A vida é curta demais para não querer viver,
triste demais para entender,
rápida demais para esperar,
e rara demais para ser desperdiçada.
O amor é bom de viver,
difícil de entender,
largo demais para abraçar,
profundo demais para sobreviver,
único demais para morrer,
lindo demais para se perder.
O amor é como um oceano:
quando achamos que o dominamos,
ele nos apresenta uma parte
que nunca conhecemos.
O passado é um museu empoeirado,
onde nada existe além do que já foi.
Sabemos disso,
mas, como bons amantes e hipócritas,
sempre retornamos
ao início do fim.
Caminhamos por corredores antigos,
dançamos com memórias,
brincamos com dores e conquistas
como se ainda fossem nossas.
Tentamos entender
em que curva da vida
nossas escolhas mudaram de rumo,
em que sala ficou o que perdemos.
E assim, presos às lembranças,
às vezes esquecemos
que a vida não mora no ontem,
mas respira — silenciosa —
no agora.
O ciclo da Lua(Vida):
A Lua nos confirma: tudo é fase.
O que dói passa, o que brilha muda,
o que vai não volta igual.
A vida não insiste — ela reinicia.
O semáforo da Vida:
“A vida é como um semáforo.
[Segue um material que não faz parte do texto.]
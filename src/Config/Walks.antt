-- ===== src/Config/Walks.antt =====
-- The search for a cycle among the fallbacks (`validateFallbacks` of internal/config/validate.go): what
-- a call of its closure leaves.
use agent.Base.{
  ℕ, zero, suc, ◌+◌, ◌≡◌, ◌≤◌, ◌<◌, refl, sym, ◌∙◌, Bool, true, false, List, [], ◌∷◌, arith,
  if◌then◌else◌, length, inl, inr, Bool-cases, if-intro, ◌⊎◌,
}
use agent.Text.{Text, text_eq, text_beq_iff}
use agent.Map.{◌==◌, Map, insert, mem, lookup-insert}
use agent.Config.Fallbacks.{
  Colours, flag, Walk, out_of_fuel, cycle_at, walked, edges, walk_all, enter, left, walk,
}

-- How many of these models the search does not stand in.
unfoldable pub idle : Map Text Bool → List Text → ℕ
idle visiting [] = 0
idle visiting (k ∷ ks) = let rest = idle visiting ks in if flag k visiting then rest else rest + 1

pub idle-le : (v : Map Text Bool) (ks : List Text) → idle v ks ≤ length ks
unfolding idle
idle-le v [] = omega arith
idle-le v (k ∷ ks) = ground (arith, idle-le v ks)

idle-same :
    (v w : Map Text Bool) (ks : List Text)
    → ((x : Text) → flag x v ≡ flag x w)
    → idle v ks ≡ idle w ks
unfolding idle
idle-same v w [] h = refl
idle-same v w (k ∷ ks) h = ground (arith, h k, idle-same v w ks h)

flag-insert :
    (x m : Text) (b : Bool) (v : Map Text Bool)
    → flag x (insert m b v) ≡ (if m == x then b else flag x v)
flag-insert x m b v = ground (arith, lookup-insert x m b v)

idle-insert_le :
    (m : Text) (v : Map Text Bool) (ks : List Text) → idle (insert m true v) ks ≤ idle v ks
unfolding idle
idle-insert_le m v [] = omega arith
idle-insert_le m v (k ∷ ks) = ground (arith, flag-insert k m true v, idle-insert_le m v ks)

idle-insert_lt :
    (m : Text) (v : Map Text Bool) (ks : List Text)
    → mem m ks ≡ true
    → flag m v ≡ false
    → idle (insert m true v) ks < idle v ks
unfolding idle mem
idle-insert_lt m v [] h f = ground arith
idle-insert_lt m v (k ∷ ks) h f = ground (
  arith,
  text_beq_iff k m,
  text_beq_iff m k,
  flag-insert k m true v,
  idle-insert_le m v ks,
  idle-insert_lt m v ks,
)

module _ (normalized : Map Text (List Text)) where
  -- One fallback after the other, at least one.
  pub data Chain (a : Text) : Text → Type 0 where
    one : {b : Text} → mem b (edges normalized a) ≡ true → Chain a b
    more : {b c : Text} → Chain a b → mem c (edges normalized b) ≡ true → Chain a c

  -- A model from which every chain of fallbacks ends.
  pub data Ends : Text → Type 0 where
    ends : {a : Text} → ((b : Text) → mem b (edges normalized a) ≡ true → Ends b) → Ends a

  abbrev pub Settled : Colours → Type 0
  Settled s = (x : Text) → flag x s.visited ≡ true → Ends x

  -- What a call of the closure keeps, and what it needs.
  pub record Done (s s' : Colours) : Type 0 where
    pub same : (x : Text) → flag x s'.visiting ≡ flag x s.visiting
    pub grown : (x : Text) → flag x s.visited ≡ true → flag x s'.visited ≡ true
    pub settled : Settled s'

  module _ (models : List Text) where
    pub record Ready (fuel : ℕ) (m : Text) (s : Colours) : Type 0 where
      pub below : (x : Text) → flag x s.visiting ≡ true → Chain x m
      pub settled : Settled s
      pub inside : mem m models ≡ true
      pub room : idle s.visiting models < fuel

    abbrev pub Visited : Text → Colours → Walk → Type 0
    Visited m s out_of_fuel = ⊥
    Visited m s (cycle_at c) = Chain c c
    Visited m s (walked s') = Done s s' × (flag m s'.visited ≡ true)

    abbrev pub VisitedAll : List Text → Colours → Walk → Type 0
    VisitedAll ms s out_of_fuel = ⊥
    VisitedAll ms s (cycle_at c) = Chain c c
    VisitedAll ms s (walked s') =
        Done s s' × ((b : Text) → mem b ms ≡ true → flag b s'.visited ≡ true)

    Done-refl : (s : Colours) → Settled s → Done s s
    Done-refl s h = record { same = λ x. refl; grown = λ x e. e; settled = h }

    Done-trans : {s t u : Colours} → Done s t → Done t u → Done s u
    Done-trans p q = record {
      same = λ x. q.same x ∙ p.same x;
      grown = λ x e. q.grown x (p.grown x e);
      settled = q.settled;
    }

    Ready-Done :
        (fuel : ℕ) (m : Text) {s s' : Colours} → Done s s' → Ready fuel m s → Ready fuel m s'
    Ready-Done fuel m {s} {s'} d r = record {
      below = λ x e. r.below x (sym (d.same x) ∙ e);
      settled = d.settled;
      inside = r.inside;
      room = omega (arith, r.room, idle-same s'.visiting s.visiting models d.same);
    }

    abbrev pub AllReady : ℕ → List Text → Colours → Type 0
    AllReady fuel ms s = (b : Text) → mem b ms ≡ true → Ready fuel b s

    -- The rest of the loop after one call.
    join-Visited :
        (m : Text) (ms : List Text) {s s' : Colours}
        → Done s s'
        → flag m s'.visited ≡ true
        → (w : Walk) → VisitedAll ms s' w
        → VisitedAll (m ∷ ms) s w
    unfolding mem
    join-Visited m ms d old out_of_fuel v = v
    join-Visited m ms d old (cycle_at c) v = v
    join-Visited m ms d old (walked s'') (d', all) = (
      Done-trans d d',
      λ b e. elim (Bool-cases (m == b)) [
        | inl this ↦ ground (arith, text_beq_iff m b, d'.grown m old)
        | inr other ↦ all b (ground (arith, other))
      ],
    )

    module _ (fuel : ℕ) (visit' : Text → Colours → Walk) where
      step-Visited :
          (m : Text) (ms : List Text) (s : Colours)
          → AllReady fuel (m ∷ ms) s
          → ((s' : Colours)
              → Settled s'
              → AllReady fuel ms s'
              → VisitedAll ms s' (walk_all visit' ms s'))
          → (w : Walk) → Visited m s w
          → VisitedAll (m ∷ ms) s (elim w [
            | out_of_fuel ↦ out_of_fuel
            | cycle_at c ↦ cycle_at c
            | walked s' ↦ walk_all visit' ms s'
          ])
      unfolding mem
      step-Visited m ms s r rest out_of_fuel v = v
      step-Visited m ms s r rest (cycle_at c) v = v
      step-Visited m ms s r rest (walked s') (d, old) =
          join-Visited m ms d old (walk_all visit' ms s')
            (rest s' d.settled (λ b e. Ready-Done fuel b d (r b (ground (arith, e)))))

      pub walk_all-Visited :
          ((m : Text) (s : Colours) → Ready fuel m s → Visited m s (visit' m s))
          → (ms : List Text) (s : Colours) → Settled s
          → AllReady fuel ms s
          → VisitedAll ms s (walk_all visit' ms s)
      unfolding walk_all mem
      walk_all-Visited spec [] s h r = (Done-refl s h, λ b e. ground arith)
      walk_all-Visited spec (m ∷ ms) s h r =
          step-Visited m ms s r (walk_all-Visited spec ms) (visit' m s)
            (spec m s (r m (ground (arith, text_beq_iff m m))))

    -- What stands behind `visiting[model] = true` and `visiting[model] = false`.
    left-Visited :
        (m : Text) (s : Colours)
        → flag m s.visiting ≡ false
        → (w : Walk) → VisitedAll (edges normalized m) (enter m s) w
        → Visited m s (left m w)
    left-Visited m s new out_of_fuel v = v
    left-Visited m s new (cycle_at c) v = v
    left-Visited m s new (walked s') (d, all) = (
      record {
        same = λ x. ground (
          arith,
          text_beq_iff m x,
          flag-insert x m false s'.visiting,
          flag-insert x m true s.visiting,
          d.same x,
        );
        grown = λ x e. ground (arith, flag-insert x m true s'.visited, d.grown x e);
        settled = λ x e. elim (Bool-cases (m == x)) [
          | inl this ↦
              rw (sym ((text_beq_iff m x).0 this)) (ends (λ b edge. d.settled b (all b edge)))
          | inr other ↦ d.settled x (ground (arith, other, flag-insert x m true s'.visited))
        ];
      },
      ground (arith, text_beq_iff m m, flag-insert m m true s'.visited),
    )

    -- The fallbacks of the models lead to models.
    abbrev pub Closed : Type 0
    Closed = (a b : Text) → mem b (edges normalized a) ≡ true → mem b models ≡ true

    enter-Ready :
        (fuel : ℕ) (m : Text) (s : Colours)
        → Closed
        → flag m s.visiting ≡ false
        → Ready (suc fuel) m s
        → AllReady fuel (edges normalized m) (enter m s)
    enter-Ready fuel m s closed new r b edge = record {
      below = λ x e. elim (Bool-cases (m == x)) [
        | inl this ↦ rw (sym ((text_beq_iff m x).0 this)) (one edge)
        | inr other ↦ more (r.below x (ground (arith, other, flag-insert x m true s.visiting))) edge
      ];
      settled = r.settled;
      inside = closed m b edge;
      room = omega (arith, r.room, idle-insert_lt m s.visiting models r.inside new);
    }

    pub walk-Visited :
        Closed
        → (fuel : ℕ) (m : Text) (s : Colours) → Ready fuel m s
        → Visited m s (walk normalized fuel m s)
    unfolding walk
    walk-Visited closed zero m s r = ground (arith, r.room)
    walk-Visited closed (suc fuel) m s r =
        if-intro (Visited m s) (flag m s.visiting) (λ again. r.below m again)
          (λ new.
            if-intro (Visited m s) (flag m s.visited) (λ old. (Done-refl s r.settled, old))
              (λ unseen.
                left-Visited m s new
                  (walk_all (walk normalized fuel) (edges normalized m) (enter m s))
                  (walk_all-Visited fuel (walk normalized fuel) (walk-Visited closed fuel)
                    (edges normalized m) (enter m s) r.settled
                    (enter-Ready fuel m s closed new r))))

  -- The first fallback of a chain.
  Chain-first :
      {a c : Text}
      → Chain a c
      → (b : Text) × (mem b (edges normalized a) ≡ true) × ((b ≡ c) ⊎ Chain b c)
  Chain-first (one e) = (_, e, inl refl)
  Chain-first (more c e) =
      let (b, f, rest) = Chain-first c in
      (b, f, inr (elim rest [ inl same ↦ rw same (one e) | inr d ↦ more d e ]))

  -- A model from which every chain ends is on no cycle.
  pub Ends-acyclic : {a : Text} → Ends a → ¬ Chain a a
  Ends-acyclic {a} (ends next) c =
      let (b, e, rest) = Chain-first c in
      Ends-acyclic (next b e)
        (elim rest [ inl same ↦ one (rw same (rw same at e)) | inr d ↦ more d e ])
O sinal vermelho é o passado: aquele lugar onde ficamos estacionados, somos obrigados a parar e, muitas vezes, acabamos voltando para ele. Já o sinal verde é a direção, o futuro que devemos seguir.”
Reflexão: O Céu e a Vida
"Às vezes paro para prestar atenção no céu e tudo aponta para uma única conclusão: a vida funciona como o firmamento. Uma hora é noite (escuro), outra hora é dia (claro). Uma hora a lua está cheia, em outra, minguante. A vida é exatamente assim.
Às vezes, o caminho parece claro e sabemos exatamente por onde andar; mas, em outros momentos, tudo parece escurecer, e as indecisões nos impedem de avançar. Há dias em que estamos cheios de sonhos e planos, e outros em que nos sentimos vazios, sem saber o que fazer."